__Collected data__
+++++
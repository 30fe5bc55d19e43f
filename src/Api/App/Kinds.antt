-- ===== src/Api/App/Kinds.antt =====
-- The exceptions of each group of routes, and of the database calls that they share.
use realtime_ride_matching_e.Prelude.{ℕ, Bool, Option, none, some, List}
use realtime_ride_matching_e.Config.{Env}
use realtime_ride_matching_e.Models.{RideStatus}
use realtime_ride_matching_e.Storage.Tables.{Assignment}
use realtime_ride_matching_e.Program.Commands.{
  Exn, no_available_driver, invalid_ride_state, ride_not_found, driver_not_found,
  idempotency_key_conflict, locking_unavailable, redis_connection_error, integrity_error,
  database_error, Result, ok, err, Prog, call, lift, ◌>>=◌, ◌>>◌, commit, update_ride,
}
use realtime_ride_matching_e.Program.Raises.{
  Raises, gives, throws, Fails, IsDatabaseError, Raises-bind, Raises-ask, raises_rules,
}
use realtime_ride_matching_e.Repositories.Drivers
use realtime_ride_matching_e.Repositories.Rides
use realtime_ride_matching_e.Matching.Matcher.{require_row}
use realtime_ride_matching_e.Pricing.{clock_or, zone_surge}

-- Of the routes that name a driver.
abbrev pub OfDriver : Exn → Type 0
OfDriver driver_not_found = Unit
OfDriver integrity_error = Unit
OfDriver database_error = Unit
OfDriver _ = ⊥

-- Of the look-up of a ride.
abbrev pub OfLookup : Exn → Type 0
OfLookup ride_not_found = Unit
OfLookup integrity_error = Unit
OfLookup database_error = Unit
OfLookup _ = ⊥

-- Of the routes that end a ride.
abbrev pub OfRide : Exn → Type 0
OfRide ride_not_found = Unit
OfRide (invalid_ride_state current) = Unit
OfRide integrity_error = Unit
OfRide database_error = Unit
OfRide _ = ⊥

-- Of create_ride.
abbrev pub OfCreation : Exn → Type 0
OfCreation idempotency_key_conflict = Unit
OfCreation integrity_error = Unit
OfCreation database_error = Unit
OfCreation _ = ⊥

-- Of match_ride on a ride that is requested.
abbrev pub OfMatching : Exn → Type 0
OfMatching no_available_driver = Unit
OfMatching (invalid_ride_state current) = Unit
OfMatching locking_unavailable = Unit
OfMatching redis_connection_error = Unit
OfMatching integrity_error = Unit
OfMatching database_error = Unit
OfMatching _ = ⊥

-- Of POST /rides.
abbrev pub OfRequest : Exn → Type 0
OfRequest idempotency_key_conflict = Unit
OfRequest (invalid_ride_state current) = Unit
OfRequest locking_unavailable = Unit
OfRequest redis_connection_error = Unit
OfRequest integrity_error = Unit
OfRequest database_error = Unit
OfRequest _ = ⊥

-- Calls of the database, where its failures are allowed.
abbrev pub AllowsDatabase : (Exn → Type 0) → Type 0
AllowsDatabase E = E integrity_error × E database_error

module _ {E : Exn → Type 0} (db : AllowsDatabase E) where
  pub lifts : {A : Type 0} (r : Result A) → Fails IsDatabaseError r → Raises E (lift r)
  lifts (ok a) h = gives a
  lifts (err integrity_error) h = throws integrity_error db.0
  lifts (err database_error) h = throws database_error db.1
  lifts (err e) h = absurd h

  -- db.commit(), and what follows it
  pub commits :
      {A : Type 0} (rest : Prog A)
      → Raises E rest
      → Raises E (call commit >>= λ committed. lift committed >> rest)
  commits rest h =
      Raises-ask commit (λ committed. lift committed >> rest)
        (λ r q. Raises-bind (lift r) (λ _. rest) (lifts r q) (λ _. h))

  pub transition-Raises :
      (id : ℕ) (from : List RideStatus) (to : RideStatus) (extra : Option Assignment)
      → Raises E (Rides.transition_status id from to extra)
  unfolding Rides.transition_status
  transition-Raises id from to extra = Raises-ask (update_ride id from to extra) lift lifts

  pub require_row-Raises : {A : Type 0} (o : Option A) → Raises E (require_row o)
  require_row-Raises none = throws database_error db.1
  require_row-Raises (some a) = gives a

module _ {E : Exn → Type 0} where
  pub get_driver-Raises : (id : ℕ) (fresh : Bool) → Raises E (Drivers.get_by_id id fresh)
  unfolding Drivers.get_by_id
  get_driver-Raises id fresh = search raises_rules

  pub get_ride-Raises : (id : ℕ) → Raises E (Rides.get_by_id id)
  unfolding Rides.get_by_id
  get_ride-Raises id = search raises_rules

  pub clock_or-Raises : (pinned : Option ℕ) → Raises E (clock_or pinned)
  clock_or-Raises none = search raises_rules
  clock_or-Raises (some at) = search raises_rules

  pub zone_surge-Raises : (env : Env) (zone : ℕ) (at : Option ℕ) → Raises E (zone_surge env zone at)
  unfolding zone_surge Rides.count_recent_active_in_zone Drivers.count_available_in_zone
  zone_surge-Raises env zone at = search (raises_rules, clock_or-Raises) depth 8
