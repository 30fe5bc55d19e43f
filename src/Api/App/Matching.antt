-- ===== src/Api/App/Matching.antt =====
-- Which exceptions leave match_ride: app/matching/matcher.py.
use realtime_ride_matching_e.Prelude.{
  ℕ, zero, suc, ◌≡◌, Bool, true, false, Option, none, List, [], ◌∷◌,
}
use realtime_ride_matching_e.Config.{Env}
use realtime_ride_matching_e.Floats.{Float}
use realtime_ride_matching_e.Models.{Driver, Ride, ride_status_eq, requested}
use realtime_ride_matching_e.Program.Commands.{
  Result, ok, err, no_available_driver, invalid_ride_state, locking_unavailable,
  redis_connection_error, integrity_error, database_error, Exn, call, lift, commit,
  compare_and_delete, set_nx_px, uuid4, rollback, raise, attempt,
}
use realtime_ride_matching_e.Program.Raises.{
  Raises, gives, throws, Fails, IsDatabaseError, IsRedisError, Raises-call, Raises-bind, Raises-ask,
  Raises-lift, Raises-attempt, raises_rules,
}
use realtime_ride_matching_e.Repositories.Drivers
use realtime_ride_matching_e.Matching.Ranking.{Candidate}
use realtime_ride_matching_e.Matching.CandidateSearch.{search_rings, find_ranked_candidates}
use realtime_ride_matching_e.Matching.DriverLock.{acquire_lock, release_lock}
use realtime_ride_matching_e.Matching.Matcher.{
  assign_candidate, settle, take_driver, after_commit, try_candidates, translate_lock_error,
  match_ride,
}
use realtime_ride_matching_e.Api.App.Kinds.{
  OfMatching, AllowsDatabase, require_row-Raises, transition-Raises, get_driver-Raises,
}

module _ {E : Exn → Type 0} where
  list_available-Raises : (cells : List ℕ) → Raises E (Drivers.list_available_in_cells cells)
  unfolding Drivers.list_available_in_cells
  list_available-Raises [] = gives []
  list_available-Raises (c ∷ cells) = search raises_rules

  search_rings-Raises :
      (env : Env) (cell rounds k : ℕ) (found : List Driver)
      → Raises E (search_rings env cell rounds k found)
  unfolding search_rings
  search_rings-Raises env cell zero k found = gives found
  search_rings-Raises env cell (suc rounds) k found =
      search (raises_rules, list_available-Raises, search_rings-Raises env cell rounds)

  find_ranked_candidates-Raises :
      (env : Env) (lat lng : Float) → Raises E (find_ranked_candidates env lat lng)
  unfolding find_ranked_candidates
  find_ranked_candidates-Raises env lat lng = search (raises_rules, search_rings-Raises)

acquire_lock-Raises : (key ttl : ℕ) → Raises IsRedisError (acquire_lock key ttl)
unfolding acquire_lock
acquire_lock-Raises key ttl = Raises-bind (call uuid4) _ (Raises-call uuid4) (λ token.
    Raises-ask (set_nx_px key token ttl) _
      (λ reply q. Raises-bind (lift reply) _ (Raises-lift reply q) (λ acquired. gives _)))

redis_lifts : {A : Type 0} (r : Result A) → Fails IsRedisError r → Raises OfMatching (lift r)
redis_lifts (ok a) h = gives a
redis_lifts (err redis_connection_error) h = throws redis_connection_error tt
redis_lifts (err e) h = absurd h

release_lock-Raises : (key token : ℕ) → Raises OfMatching (release_lock key token)
unfolding release_lock
release_lock-Raises key token = Raises-ask (compare_and_delete key token) lift redis_lifts

translate-Raises :
    (r : Result (Option ℕ)) → Fails IsRedisError r → Raises OfMatching (translate_lock_error r)
translate-Raises (ok token) h = gives token
translate-Raises (err redis_connection_error) h = throws locking_unavailable tt
translate-Raises (err e) h = absurd h

claim-Raises :
    (key ttl : ℕ) → Raises OfMatching (attempt (acquire_lock key ttl) translate_lock_error)
claim-Raises key ttl =
    Raises-attempt IsRedisError (acquire_lock key ttl) translate_lock_error
      (acquire_lock-Raises key ttl) translate-Raises

ruleset parts = (
  raises_rules, find_ranked_candidates-Raises, claim-Raises, release_lock-Raises, get_driver-Raises,
)

db : AllowsDatabase OfMatching
db = (tt, tt)

after_commit-Raises :
    (ride : Ride) (driver : Driver) (r : Result (Unit {0}))
    → Fails IsDatabaseError r
    → Raises OfMatching (after_commit ride driver r)
after_commit-Raises ride driver (ok u) h =
    search (parts, λ (o : Option Ride). require_row-Raises {E = OfMatching} db o) depth 8
after_commit-Raises ride driver (err integrity_error) h = search parts
after_commit-Raises ride driver (err database_error) h = throws database_error tt
after_commit-Raises ride driver (err e) h = absurd h

settle-Raises :
    (ride : Ride) (driver : Driver) (done : Bool) → Raises OfMatching (settle ride driver done)
settle-Raises ride driver true =
    Raises-ask commit (after_commit ride driver) (after_commit-Raises ride driver)
settle-Raises ride driver false =
    Raises-bind (call rollback) _ (Raises-call rollback) (λ u. throws (invalid_ride_state none) tt)

take_driver-Raises : (ride : Ride) (driver : Driver) → Raises OfMatching (take_driver ride driver)
unfolding take_driver
take_driver-Raises ride driver =
    search (parts, transition-Raises {E = OfMatching} db, settle-Raises) depth 8

assign_candidate-Raises :
    (ride : Ride) (candidate : Candidate) → Raises OfMatching (assign_candidate ride candidate)
unfolding assign_candidate
assign_candidate-Raises ride candidate = search (parts, take_driver-Raises) depth 8

none_left : {A : Type 0} → Raises OfMatching {A = A} (raise no_available_driver)
none_left = throws no_available_driver tt

try_candidates-Raises :
    (env : Env) (ride : Ride) (cs : List Candidate) → Raises OfMatching (try_candidates env ride cs)
unfolding try_candidates
try_candidates-Raises env ride [] = search (parts, none_left)
try_candidates-Raises env ride (c ∷ cs) =
    search (parts, assign_candidate-Raises, try_candidates-Raises env ride cs) depth 12

-- On a ride that is requested, match_ride does not fail by its own precondition.
pub match_ride-Raises :
    (env : Env) (ride : Ride)
    → ride_status_eq ride.status requested ≡ true
    → Raises OfMatching (match_ride env ride)
unfolding match_ride
match_ride-Raises env ride e = rw e (search (parts, try_candidates-Raises) depth 8)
+++++
__Exercise objective__
Beginning at the line with "abbrev pub AllowsDatabase" and ending at the line with "lifts (err integrity_error)", reproduce each line of the data above exactly, and add no other lines.

__Response area__
abbrev pub AllowsDatabase : (Exn → Type 0) → Type 0
AllowsDatabase E = E integrity_error × E database_error

module _ {E : Exn → Type 0} (db : AllowsDatabase E) where
  pub lifts : {A : Type 0} (r : Result A) → Fails IsDatabaseError r → Raises E (lift r)
  lifts (ok a) h = gives a
  lifts (err integrity_error) h = throws integrity_error db.0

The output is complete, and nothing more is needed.